I wanted to visit the Cholla Cactus Garden on the western rim of the Pinto Basin as early as possible since it was along the way, hearing that morning light is the best time to photograph here, but stopping to read the interpretive signs along the way put us a little off schedule. There is a .25 mile self-guided nature walk through the garden with brochures available at the trailhead.
There are several different type of cactus here but the most predominant is Cylindropuntia bigelovii, commonly called Jumping Cholla or Teddy Bear Cholla (pronounced choy-ya). Although it may look soft and fuzzy from a distance, the slightest touch against one of the sharp spines causes the segmented joint to latch on tightly, making it appear as if the cactus 'jumped' onto its victim. Needless to say, one needs to be very careful on this trail.

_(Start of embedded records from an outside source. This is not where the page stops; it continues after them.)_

-- ===== src/Chart/ConfigMap.antt =====
-- When scripts/check_chart.py has nothing to say of the ConfigMap.
use floodgate.Common.{
  String, Bool, true, false, some, List, [], ◌∷◌, ◌≡◌, ◌≢◌, refl, sym, ap, ◌∙◌, arith, inl, inr,
}
use floodgate.Value.{Value, str, obj, Fields, get}
use floodgate.Config.{Config, LoadError, config_error, uncaught, raised, Result-cases}
use floodgate.Config.Load.{load_config}
use floodgate.Config.Valid.Loads.{Loads, load_config_iff}
use floodgate.Portnum.{>>=-eq-some}
use floodgate.Chart.{
  Checker, written, is_in, subscript, rejection_of, rejected, loaded_text, load_chart, data_of,
  config_problems,
}
use floodgate.Chart.Lookups.{subscript-some}

-- The ConfigMap holds a text that load_config accepts.
pub record HasConfig (checker : Checker) (cm : Value) : Type 0 where
  pub top : Fields
  pub data_fields : Fields
  pub text : String
  pub config : Config
  pub is_top : cm ≡ obj top
  pub has_data : get top "data" ≡ some (obj data_fields)
  pub has_text : get data_fields "config.yaml" ≡ some (str text)
  pub loads : Loads (written checker text) (some checker.temporary) config

not_rejected : (e : LoadError) → rejection_of (raised e) ≢ some []
not_rejected (config_error e) h = ground (arith, h)
not_rejected uncaught h = ground (arith, h)

module _ (checker : Checker) where
  loaded_text-none :
      (v : Value)
      → loaded_text checker v ≡ some []
      → (text : String) × ((v ≡ str text)
          × ((config : Config) × Loads (written checker text) (some checker.temporary) config))
  loaded_text-none (str text) h =
      elim (Result-cases (load_config (written checker text) (some checker.temporary))) [
        | inl (c, e) ↦ (
          text,
          (refl, (c, (load_config_iff (written checker text) (some checker.temporary) c).0 e)),
        )
        | inr (x, e) ↦ absurd (not_rejected x (ap rejection_of (sym e) ∙ h))
      ]
  loaded_text-none _ h = absurd (ground (arith, h))

  load_chart-none :
      (cm : Value) (found : Bool) → load_chart checker cm found ≡ some [] → HasConfig checker cm
  load_chart-none cm false h = absurd (ground (arith, h))
  load_chart-none cm true h =
      let (dv, e, h1) = >>=-eq-some (subscript cm "data") _ h in
      let (tv, f, h2) = >>=-eq-some (subscript dv "config.yaml") (loaded_text checker) h1 in
      let (top, (a, b)) = subscript-some cm "data" dv e in
      let (fields, (c, d)) = subscript-some dv "config.yaml" tv f in
      let (text, (g, (config, l))) = loaded_text-none tv h2 in
      record {
        top = top;
        data_fields = fields;
        text = text;
        config = config;
        is_top = a;
        has_data = b ∙ ap some c;
        has_text = d ∙ ap some g;
        loads = l;
      }

  pub config_problems-none :
      (cms : List Value)
      → config_problems checker cms ≡ some []
      → (cm : Value) × ((cms ≡ cm ∷ []) × HasConfig checker cm)
  unfolding config_problems
  config_problems-none [] h = absurd (ground (arith, h))
  config_problems-none (cm ∷ dm ∷ cms) h = absurd (ground (arith, h))
  config_problems-none (cm ∷ []) h =
      let (dv, e, h1) = >>=-eq-some (data_of cm) _ h in
      let (found, f, h2) =
        >>=-eq-some (is_in checker "config.yaml" dv) (load_chart checker cm) h1 in
      (cm, (refl, load_chart-none cm found h2))

  HasConfig-load : (cm : Value) → HasConfig checker cm → load_chart checker cm true ≡ some []
  HasConfig-load cm c =
      let accepted =
        (load_config_iff (written checker c.text) (some checker.temporary) c.config).1 c.loads in
      rw (load_chart, c.is_top, c.has_data, c.has_text) (rw (loaded_text, rejected, accepted) refl)

  pub HasConfig-none :
      (cm : Value) → HasConfig checker cm → config_problems checker (cm ∷ []) ≡ some []
  unfolding config_problems is_in
  HasConfig-none cm c =
      rw (c.is_top, c.has_data, c.has_text)
        (ap (λ v. load_chart checker v true) (sym c.is_top) ∙ HasConfig-load cm c)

Then it was the scramble to find an open campsite. White Tank was my first choice but it only has 15 sites and was packed. Jumbo Rock was recommended by a park ranger. With 125 sites it is the largest campground in the park. After several circles around we finally found an available spot, set up camp and had some lunch. Both of these campgrounds are surrounded by fantastic granite rock formations which makes them a good choice for easily accessible sunset/sunrise photography locations and good choices for after dark light painting. Arch Rock Trail is in White Tank and Skull Rock Trail begins in Jumbo Rocks. I couldn't help but think that this formation directly across from our campsite looked like Yogi Bear sleeping on his side with his back turned to us -
Heading back out after some much needed food, the plan was to scope out Geology Tour Road and Barker Dam for the afternoon, then head over to Arch Rock before sunset.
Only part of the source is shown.